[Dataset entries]
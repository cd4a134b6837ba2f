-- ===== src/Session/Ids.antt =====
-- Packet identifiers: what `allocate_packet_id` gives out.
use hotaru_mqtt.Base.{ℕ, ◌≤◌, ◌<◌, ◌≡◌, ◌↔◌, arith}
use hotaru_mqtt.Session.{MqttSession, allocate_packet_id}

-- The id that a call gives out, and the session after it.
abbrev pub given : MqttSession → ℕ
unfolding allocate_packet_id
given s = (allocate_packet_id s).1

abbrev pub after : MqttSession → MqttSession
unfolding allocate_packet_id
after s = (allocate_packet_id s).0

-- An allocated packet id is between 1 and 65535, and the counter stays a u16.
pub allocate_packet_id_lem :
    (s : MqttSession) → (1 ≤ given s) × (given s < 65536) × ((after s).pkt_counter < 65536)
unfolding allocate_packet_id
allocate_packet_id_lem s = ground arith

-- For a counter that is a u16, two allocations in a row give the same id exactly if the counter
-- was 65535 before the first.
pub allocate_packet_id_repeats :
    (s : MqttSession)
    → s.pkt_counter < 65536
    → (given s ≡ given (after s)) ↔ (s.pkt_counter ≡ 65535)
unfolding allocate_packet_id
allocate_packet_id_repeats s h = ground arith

What to work on:
Repeat each record exactly, leaving nothing out.

Result of the task:
repository cd4a134b6837ba2f
-- ===== src/Session/Ids.antt =====
-- Packet identifiers: what `allocate_packet_id` gives out.
use hotaru_mqtt.Base.{ℕ, ◌≤◌, ◌<◌, ◌≡◌, ◌↔◌, arith}
use hotaru_mqtt.Session.{MqttSession, allocate_packet_id}

-- The id that a call gives out, and the session after it.
abbrev pub given : MqttSession → ℕ
unfolding allocate_packet_id
given s = (allocate_packet_id s).1

abbrev pub after : MqttSession → MqttSession
unfolding allocate_packet_id
after s = (allocate_packet_id s).0

-- An allocated packet id is between 1 and 65535, and the counter stays a u16.
pub allocate_packet_id_lem :
    (s : MqttSession) → (1 ≤ given s) × (given s < 65536) × ((after s).pkt_counter < 65536)
unfolding allocate_packet_id
allocate_packet_id_lem s = ground arith

-- For a counter that is a u16, two allocations in a row give the same id exactly if the counter
-- was 65535 before the first.
pub allocate_packet_id_repeats :
    (s : MqttSession)
    → s.pkt_counter < 65536
    → (given s ≡ given (after s)) ↔ (s.pkt_counter ≡ 65535)
unfolding allocate_packet_id
allocate_packet_id_repeats s h = ground arith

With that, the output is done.